In April, inflows into systematic investment schemes (SIPs) of mutual funds fell around 3.8 per cent month-on-month. 11,863 crores. SIP is primarily a mode of investment in equity mutual funds. In this context, an investor investing through SIP is buying stocks indirectly on a large scale. In fact, in the seven-month period from October 2021 to April 2022, the total investment made through the SIP route stood at Rs 79,975 crore.
Interestingly, SIP investments have remained strong, while Foreign Institutional Investors (FIIs) are selling in Indian equities. FIIs sold shares worth Rs 1.66 lakh crore from October 2021 to April 2022. The sale continued this month as well, with total sales till May 18. 30,394 crores.
In addition, investors increasingly keep opening demat accounts. From the end of December 2020 to March 2022, the latest data available, the number of demat accounts increased by 80% to 89.7 million. The BSE Sensex reached its all-time high on October 18 at 61,766 points. In fact, from November 2021 to March 2022, the number of demat accounts has increased by 22%.

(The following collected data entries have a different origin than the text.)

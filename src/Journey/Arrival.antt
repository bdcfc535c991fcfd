-- ===== src/Journey/Arrival.antt =====
-- From the operator's packet to a file.
use aka_smsd.Common.{
  ℕ, zero, suc, ◌+◌, ◌%◌, ◌/◌, ◌^◌, ◌≤◌, ◌<◌, ◌≡◌, sym, ap, ◌∙◌, arith, List, [], ◌∷◌, ◌++◌, length,
  ltb, take_all, subst, length-append, Bool-cases, inl, inr,
}
use aka_smsd.Common.Int.{ℤ, pos}
use aka_smsd.Common.Text.{IsText}
use aka_smsd.Common.Decimal.{print_digits, print_int, length-print_int}
use aka_smsd.Common.Code
use aka_smsd.Sms.{SmsMessage, max_child_code_len}
use aka_smsd.Sms.Layout.{sms_bytes, IsStorable}
use aka_smsd.Sms.Layout.Reading.{length-sms_bytes}
use aka_smsd.Gateway.Message.{sender_of}
use aka_smsd.Gateway.Deliver.Addressing.{sender_of_lem}
use aka_smsd.Gateway.World.{done}
use aka_smsd.Storage
use aka_smsd.Storage.{
  Disk, create, outgoing, file_name, init_filter, WriteResult, written_whole, not_opened,
  broken_off, write_sms_to_storage,
}
use aka_smsd.Storage.Outgoing.{write_sms_to_storage_outcome}
use aka_smsd.Operator.Dx18
use aka_smsd.Operator.Dx18.{Dx, formated_msg, mo_mobile_no, mo_sp_code, on_accept}
use aka_smsd.Operator.Dx18.Receiving.{
  mo_info_bytes, mo_mobile_no-mo_info_bytes, mo_sp_code-mo_info_bytes, on_accept-formated_msg,
}
use aka_smsd.Journey.{with_storage, stored_bytes}

IsText-append : (s t : List ℕ) → IsText s → IsText t → IsText (s ++ t)
IsText-append [] t h k = k
IsText-append (c ∷ s) t h k = (h.0, IsText-append s t h.1 k)

print_digits-IsText : (fuel n : ℕ) → IsText (print_digits fuel n)
unfolding print_digits
print_digits-IsText zero n = tt
print_digits-IsText (suc fuel) n = elim (Bool-cases (ltb n 10)) [
  | inl small ↦ rw small (ground arith)
  | inr large ↦ rw large (
      IsText-append (print_digits fuel (n / 10)) _ (print_digits-IsText fuel (n / 10))
        (ground arith))
]

-- The number of a BBS user is a text of at most 15 characters.
pub sender_of-IsText :
    (code : List ℕ) (user : ℕ)
    → IsText code
    → length code ≤ max_child_code_len
    → 0 < user
    → user < 2 ^ 31
    → IsText (sender_of code user) × (length (sender_of code user) ≤ 15)
unfolding print_int
sender_of-IsText code user text short some_user small =
    let (_, few) = length-print_int user (omega arith) in
    rw (sender_of_lem code user short some_user small) (
      IsText-append code (print_int (pos user)) text (print_digits-IsText 10 user),
      omega (arith, length-append code (print_int (pos user))),
    )

not_shut : ¬ (written_whole ≡ not_opened)
not_shut e = cc

not_broken : (n : ℕ) → ¬ (written_whole ≡ broken_off n)
not_broken n e = cc

formated_msg-IsStorable :
    (clock : ℕ) (head body : List ℕ)
    → clock < 2 ^ 32
    → IsText (mo_mobile_no head)
    → length (mo_mobile_no head) ≤ 16
    → IsText (mo_sp_code head)
    → length (mo_sp_code head) ≤ 16
    → length body ≤ 1000
    → IsStorable (formated_msg clock head body (length body))
unfolding formated_msg
formated_msg-IsStorable clock head body now phone phone_short number number_short short = record {
  length_fits = omega arith;
  sender_fits = (phone, phone_short);
  target_fits = (number, number_short);
  fee_type_fits = omega arith;
  fee_target_fits = (tt, omega arith);
  child_fits = (tt, omega arith);
  parent_fits = (ground arith, omega arith);
  sms_type_fits = omega arith;
  send_time_fits = now;
  arrive_time_fits = now;
  service_fits = (tt, omega arith);
  fee_money_fits = omega arith;
  body_length_fits = omega arith;
  body_whole = sym (ap length (take_all (length body) body (omega arith)));
}

module _ (sv : Storage.Services) where
  -- The filter finds nothing in these bytes, and files can be written.
  abbrev pub Accepts : Disk sv → List ℕ → Type 0
  Accepts d buf =
      (sv.mgrep_str buf (init_filter sv d).filter_buf ≡ pos 0)
      × ((name : List ℕ) → sv.write_result name ≡ written_whole)

  pub write_sms_to_storage-Accepts :
      (source target buf : List ℕ) (d : Disk sv)
      → Accepts d buf
      → (d' : Disk sv) × (write_sms_to_storage sv source target buf d ≡ (d', Code.success))
        × (d'.ops
            ≡ d.ops
              ++ create outgoing (file_name source target d.clock ((d.count + 1) % 2 ^ 32)) buf
                ∷ [])
  write_sms_to_storage-Accepts source target buf d (clean, can_write) =
      let (ret, d', e, cases) = write_sms_to_storage_outcome sv source target buf d in
      elim cases [
        | inl (fine, _, written) ↦ (d', e ∙ ap (λ (r : ℤ). (d', r)) fine, written)
        | inr (inl (_, _, inl dirty)) ↦ absurd (dirty clean)
        | inr (inl (_, _, inr shut)) ↦ absurd (not_shut (sym (can_write _) ∙ shut))
        | inr (inr (_, _, (n, broken, _))) ↦ absurd (not_broken n (sym (can_write _) ∙ broken))
      ]

-- The message that the operator's process makes of the packet.
abbrev pub arrived : ℕ → List ℕ → List ℕ → List ℕ → List ℕ → SmsMessage
arrived clock phone operator number body =
    formated_msg clock (mo_info_bytes phone operator number (length body)) body (length body)

pub record IsArrival (clock : ℕ) (phone operator number body : List ℕ) : Type 0 where
  pub now : clock < 2 ^ 32
  pub four : length operator ≡ 4
  pub phone_text : IsText phone
  pub phone_short : length phone ≤ 16
  pub number_text : IsText number
  pub number_short : length number ≤ 16
  pub body_short : length body ≤ 1000

-- What the members of the message are.
pub arrived_lem :
    (clock : ℕ) (phone operator number body : List ℕ)
    → IsArrival clock phone operator number body
    → ((arrived clock phone operator number body).sender_number ≡ phone)
      × ((arrived clock phone operator number body).target_number ≡ number)
      × ((arrived clock phone operator number body).body ≡ body)
      × IsStorable (arrived clock phone operator number body)
unfolding formated_msg
arrived_lem clock phone operator number body a =
    let head : List ℕ = mo_info_bytes phone operator number (length body) in
    let sender : mo_mobile_no head ≡ phone =
      mo_mobile_no-mo_info_bytes phone operator number (length body) a.four a.phone_text
        a.phone_short in
    let target : mo_sp_code head ≡ number =
      mo_sp_code-mo_info_bytes phone operator number (length body) a.four a.number_text
        a.number_short in
    (
      sender,
      target,
      take_all (length body) body (omega arith),
      formated_msg-IsStorable clock head body a.now (subst IsText (sym sender) a.phone_text)
          (subst (λ (l : List ℕ). length l ≤ 16) (sym sender) a.phone_short)
          (subst IsText (sym target) a.number_text)
          (subst (λ (l : List ℕ). length l ≤ 16) (sym target) a.number_short) a.body_short,
    )

-- A message with the length of all its bytes is stored whole.
pub stored_bytes-whole :
    (m : SmsMessage) → m.length ≡ 180 + length m.body → stored_bytes m ≡ sms_bytes m
unfolding stored_bytes
stored_bytes-whole m size =
    take_all m.length (sms_bytes m) (omega (arith, size, length-sms_bytes m))

arrived_length :
    (clock : ℕ) (phone operator number body : List ℕ)
    → (arrived clock phone operator number body).length
      ≡ 180 + length (arrived clock phone operator number body).body
unfolding formated_msg
arrived_length clock phone operator number body =
    ap (λ (l : List ℕ). 180 + length l) (sym (take_all (length body) body (omega arith)))

-- A packet of the operator becomes one file.
pub on_accept-file :
    (st : Dx18.Services) (sv : Storage.Services) (s : Dx (with_storage sv st))
    (phone operator number body : List ℕ) (net net' : st.Net)
    → IsArrival s.clock phone operator number body
    → st.read s.net (pos 56) ≡ (net, pos 56, mo_info_bytes phone operator number (length body))
    → st.read net (pos (length body)) ≡ (net', pos (length body), body)
    → Accepts sv s.disk (sms_bytes (arrived s.clock phone operator number body))
    → (d' : Disk sv) × (on_accept (with_storage sv st) s
        ≡ done (pos 0, record s { net = net'; disk = d' }))
      × (d'.ops
          ≡ s.disk.ops
            ++ create outgoing
                (file_name phone number s.disk.clock ((s.disk.count + 1) % 2 ^ 32))
                (sms_bytes (arrived s.clock phone operator number body))
              ∷ [])
on_accept-file st sv s phone operator number body net net' a first second accepts =
    let msg : SmsMessage = arrived s.clock phone operator number body in
    let content : List ℕ = sms_bytes msg in
    let whole : stored_bytes msg ≡ content =
      stored_bytes-whole msg (arrived_length s.clock phone operator number body) in
    let (d', written, ops) = write_sms_to_storage-Accepts sv phone number content s.disk accepts in
    (
      d',
      on_accept-formated_msg (with_storage sv st) s phone operator number body net net' a.four
            a.phone_text a.phone_short a.number_text a.number_short a.body_short first second
          ∙ ap (λ (r : Disk sv × ℤ). done (pos 0, record s { net = net'; disk = r.0 }))
              (ap (λ (bytes : List ℕ). write_sms_to_storage sv phone number bytes s.disk) whole
                ∙ written),
      ops,
    )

High retail interest in the stock market tells us many things. At first, the average retail investor came in only after the stock markets were bullish. The BSE Sensex closed at a low of 25,981 points on 23 March 2020. As of 31 December 2020, it closed at 47,751 points with a gain of 84%. This rally has given the average retail investor the necessary confidence to invest in stocks by opening demat accounts.
In fact, the average monthly inflow in SIPs since the end of December 2020 is . has been more than 10,000 crores. Between January 2020 and December 2020, it was approx. 8,100 crores.

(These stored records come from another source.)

-- ===== src/Operator/Dx18/Sending.antt =====
-- What `Send` reports, and in which state it leaves the process.
use aka_smsd.Common.{
  ℕ, suc, ◌+◌, ◌%◌, ◌^◌, ◌<◌, ◌≡◌, ◌≢◌, refl, ap, ◌∙◌, arith, true, false, ◌||◌, List, ◌++◌, Option,
  none, some, ◌⊎◌, inl, inr, leb, ◌==◌, length, drop, Bool-cases,
}
use aka_smsd.Common.Int.{ℤ, pos, ◌≤ℤ◌, leb_ℤ}
use aka_smsd.Common.Code
use aka_smsd.Sms.{SmsMessage}
use aka_smsd.Gateway.World.{done}
use aka_smsd.Operator.Words.{word_bytes, read_word-word_bytes}
use aka_smsd.Operator.Dx18.{
  Services, Dx, send_text_bytes, ack_result, is_refusal, answer, after_write, exchange, settle,
  transfer, send_open, opened, send,
}

-- The codes of 18dx.h for an id, a sender, a receiver, a length, a phone, a pair of phones and a
-- service that are not valid.
abbrev pub IsInvalid : ℕ → Type 0
IsInvalid code =
    (code ≡ 411)
    ⊎ (code ≡ 412)
    ⊎ (code ≡ 413)
    ⊎ (code ≡ 417)
    ⊎ (code ≡ 508)
    ⊎ (code ≡ 525)
    ⊎ (code ≡ 526)

is_other : (code : ℕ) → (code == 1) ≡ false → code ≢ 1
is_other code h = ground (arith, h)

refused : (code : ℕ) → is_refusal code ≡ true → IsInvalid code
refused code h = ground (arith, h)

not_refused : (code : ℕ) → is_refusal code ≡ false → ¬ IsInvalid code
not_refused code h = ground (arith, h)

-- `OAKSACKSMZIXIASENDTEXT`: the type, the length, the result and the serial number.
abbrev pub ack_bytes : ℕ → ℕ → ℕ → ℕ → List ℕ
ack_bytes type len code serial =
    word_bytes type ++ (word_bytes len ++ (word_bytes code ++ word_bytes serial))

ack_result-ack_bytes :
    (garbage : List ℕ) (type len code serial : ℕ)
    → code < 2 ^ 32
    → ack_result garbage (ack_bytes type len code serial) ≡ code
ack_result-ack_bytes garbage type len code serial small =
    read_word-word_bytes code (word_bytes serial ++ drop 16 garbage) small

module _ (sv : Services) where
  -- What the operator does with a packet, and the state of the stream behind it: the packet cannot
  -- be written, there is nothing to be read, or the answer has this result. Without an answer the
  -- stream is closed.
  pub data Dialog (net : sv.Net) (packet : List ℕ) : Option ℕ → sv.Net → Type 0 where
    no_write :
        (net1 : sv.Net) (r : ℤ)
        → sv.write net packet ≡ (net1, r)
        → r ≤ℤ pos 0
        → Dialog net packet none (sv.close net1)
    no_read :
        (net1 net2 : sv.Net) (n : ℕ) (r : ℤ) (bytes : List ℕ)
        → sv.write net packet ≡ (net1, pos (suc n))
        → sv.read net1 (pos 16) ≡ (net2, r, bytes)
        → r ≤ℤ pos 0
        → Dialog net packet none (sv.close net2)
    answered :
        (net1 net2 : sv.Net) (n type len code serial : ℕ)
        → sv.write net packet ≡ (net1, pos (suc n))
        → sv.read net1 (pos 16) ≡ (net2, pos 16, ack_bytes type len code serial)
        → code < 2 ^ 32
        → Dialog net packet (some code) net2

  -- The result, the log and the signal mask.
  abbrev pub IsReported : SmsMessage → Dx sv → Option ℕ → ℤ → Dx sv → Type 0
  IsReported msg s result ret s' =
      ((ret ≡ Code.success)
        × (result ≡ some 1)
        × (s'.log ≡ sv.log_it s.log msg s.clock)
        × (s'.blocked ≡ s.blocked))
      ⊎ ((ret ≡ Code.error)
          × ((code : ℕ) × (result ≡ some code) × IsInvalid code)
          × (s'.log ≡ s.log)
          × (s'.blocked ≡ true))
      ⊎ ((ret ≡ Code.failed)
          × ((result ≡ none) ⊎ ((code : ℕ) × (result ≡ some code) × (code ≢ 1) × ¬ IsInvalid code))
          × (s'.log ≡ s.log)
          × (s'.blocked ≡ true))

  settle_lem :
      (s : Dx sv) (msg : SmsMessage) (net : sv.Net) (result : Option ℕ)
      → (ret : ℤ) × (s' : Dx sv) × (settle sv s msg (net, result) ≡ (ret, s'))
        × (s'.net ≡ net)
        × (s'.disk ≡ s.disk)
        × IsReported msg s result ret s'
  unfolding settle
  settle_lem s msg net none = (
    Code.failed,
    record s { net = net; blocked = true },
    refl,
    refl,
    refl,
    inr (inr (refl, inl refl, refl, refl)),
  )
  settle_lem s msg net (some result) = elim (Bool-cases (result == 1)) [
    | inl success ↦ (
      Code.success,
      record s { net = net; log = sv.log_it s.log msg s.clock },
      rw success refl,
      refl,
      refl,
      inl (refl, ground (arith, success), refl, refl),
    )
    | inr other ↦ elim (Bool-cases (is_refusal result)) [
      | inl turned_down ↦ (
        Code.error,
        record s { net = net; blocked = true },
        rw (other, turned_down) refl,
        refl,
        refl,
        inr (inl (refl, (result, refl, refused result turned_down), refl, refl)),
      )
      | inr passed ↦ (
        Code.failed,
        record s { net = net; blocked = true },
        rw (other, passed) refl,
        refl,
        refl,
        inr (
            inr (
              refl,
              inr (result, refl, is_other result other, not_refused result passed),
              refl,
              refl,
            )),
      )
    ]
  ]

  opened-open : (net : sv.Net) → sv.is_open net ≡ true → opened sv net ≡ net
  unfolding opened
  opened-open net up = rw up refl

  -- A packet that has memory and numbers that fit is sent.
  pub send_open-exchange :
      (garbage : List ℕ) (msg : SmsMessage) (s : Dx sv)
      → length msg.fee_target_number < 16
      → length msg.target_number < 16
      → 80 + msg.body_length < 2 ^ 31
      → ((n : ℕ) → sv.can_new n ≡ true)
      → send_open sv garbage msg s ≡ done (settle sv s msg (exchange sv garbage s.net msg))
  unfolding send_open transfer
  send_open-exchange garbage msg s fee target small memory =
      let short : leb 16 (length msg.fee_target_number) || leb 16 (length msg.target_number)
          ≡ false =
        ground arith in
      let positive : leb (2 ^ 31) ((80 + msg.body_length) % 2 ^ 32) ≡ false =
        ground (arith, small) in
      let whole : leb (2 ^ 32) (80 + msg.body_length) ≡ false = ground (arith, small) in
      rw (positive, memory ((80 + msg.body_length) % 2 ^ 32), short, whole, memory 16) refl

  closed_lem :
      (garbage bytes : List ℕ) (net : sv.Net) (r : ℤ)
      → r ≤ℤ pos 0
      → answer sv garbage (net, r, bytes) ≡ (sv.close net, none)
  unfolding answer
  closed_lem garbage bytes net r low = ground (arith, low)

  unwritten_lem :
      (garbage : List ℕ) (net : sv.Net) (r : ℤ)
      → r ≤ℤ pos 0
      → after_write sv garbage (net, r) ≡ (sv.close net, none)
  unfolding after_write answer
  unwritten_lem garbage net r low = ground (arith, low)

  written_lem :
      (garbage : List ℕ) (net : sv.Net) (n : ℕ)
      → after_write sv garbage (net, pos (suc n)) ≡ answer sv garbage (sv.read net (pos 16))
  unfolding after_write
  written_lem garbage net n =
      let over : leb_ℤ (pos (suc n)) (pos 0) ≡ false = ground arith in rw over refl

  exchange-Dialog :
      (garbage : List ℕ) (msg : SmsMessage) (net net' : sv.Net) (result : Option ℕ)
      → Dialog net (send_text_bytes msg) result net'
      → exchange sv garbage net msg ≡ (net', result)
  unfolding exchange after_write answer
  exchange-Dialog garbage msg net _ _ (no_write net1 r e low) =
      ap (after_write sv garbage) e ∙ unwritten_lem garbage net1 r low
  exchange-Dialog garbage msg net _ _ (no_read net1 net2 n r bytes e e' low) =
      ap (after_write sv garbage) e
      ∙ written_lem garbage net1 n
      ∙ ap (answer sv garbage) e'
      ∙ closed_lem garbage bytes net2 r low
  exchange-Dialog garbage msg net _ _ (answered net1 net2 n type len code serial e e' small) =
      let taken : answer sv garbage (net2, pos 16, ack_bytes type len code serial)
          ≡ (net2, some (ack_result garbage (ack_bytes type len code serial))) =
        refl in
      ap (after_write sv garbage) e
      ∙ written_lem garbage net1 n
      ∙ ap (answer sv garbage) e'
      ∙ taken
      ∙ ap (λ (result : ℕ). (net2, some result))
          (ack_result-ack_bytes garbage type len code serial small)

  -- With an open stream, numbers of less than 16 characters, a body below 2 ^ 31 - 80 bytes and
  -- memory, `Send` returns, leaves the stream as the dialog with the operator does, and keeps the
  -- storage as it was. It returns SUCCESS exactly when the answer's result is 1, logs the message
  -- then and only then, and leaves the signal mask as it was; it returns ERROR exactly for the
  -- results 411, 412, 413, 417, 508, 525 and 526, which refuse a message for good, and FAILED for
  -- any other result and where the packet cannot be written or no answer be read. In both of these
  -- cases SIGUSR1 stays blocked. An answer is one that the read brings whole, with its 16 bytes.
  pub send-IsReported :
      (garbage : List ℕ) (msg : SmsMessage) (s : Dx sv) (result : Option ℕ) (net' : sv.Net)
      → sv.is_open s.net ≡ true
      → length msg.fee_target_number < 16
      → length msg.target_number < 16
      → 80 + msg.body_length < 2 ^ 31
      → ((n : ℕ) → sv.can_new n ≡ true)
      → Dialog s.net (send_text_bytes msg) result net'
      → (ret : ℤ) × (s' : Dx sv) × (send sv garbage msg s ≡ done (ret, s'))
        × (s'.net ≡ net')
        × (s'.disk ≡ s.disk)
        × IsReported msg s result ret s'
  unfolding send send_open transfer
  send-IsReported garbage msg s result net' up fee target small memory dialog =
      let (ret, s', e, net, disk, reported) = settle_lem s msg net' result in
      let called = exchange-Dialog garbage msg s.net net' result dialog in
      (
        ret,
        s',
        rw (send, opened-open s.net up, up)
            (send_open-exchange garbage msg s fee target small memory
              ∙ ap (λ (r : sv.Net × Option ℕ). done (settle sv s msg r)) called
              ∙ ap done e),
        net,
        disk,
        reported,
      )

This tells us that the law of demand doesn’t really work when it comes to investments. Simply put, the law of demand states that the lower the price, the higher the demand. What works in the case of investing is the reverse – the higher the price, the higher the demand. This can be gauged from the fact that 35 lakh demat accounts were opened during October 2021, which was more than any other month till that time. This was in the month when the BSE Sensex was at its peak.
Secondly, the easy money policy introduced by the Reserve Bank of India to help the government borrow at low interest rates prompted people to seek higher returns and hence, money found its way into stocks, eventually fueled a bubble where stock prices were completely out. of sync with respect to expected earnings.
Third, retail demand for shares helped loss-making companies to launch their initial public offerings (IPOs). Some of these IPOs were offers for sale in whole or in part, where promoters redeemed their equity by selling them to the public. Post listing, most of these stocks have turned into massive loss-making offers.
Fourth, retail demand for shares has also helped the recent IPOs like Delhivery. The retail portion of the IPO was under-subscribed by 0.57 times. But the overall IPO was oversubscribed 1.63 times mainly because the Qualified Institutional Bidder (QIB) category was oversubscribed 2.66 times. QIBs are basically financial institutions like mutual funds, insurance companies, FIIs etc. Money invested by mutual funds and insurance companies is ultimately retail money. Simply put, the money coming into the SIP continues to finance the IPO.
And lastly, if retail money had not continued to enter the stock market in various ways, FII sales would have been a cause of bloodshed by now. The frequent buying by retail investors has helped prevent this. Of course, all this is largely in line with developments after 2008, where FIIs buy in years when valuations are low and sell in years when valuations are high. Retail investors do the opposite.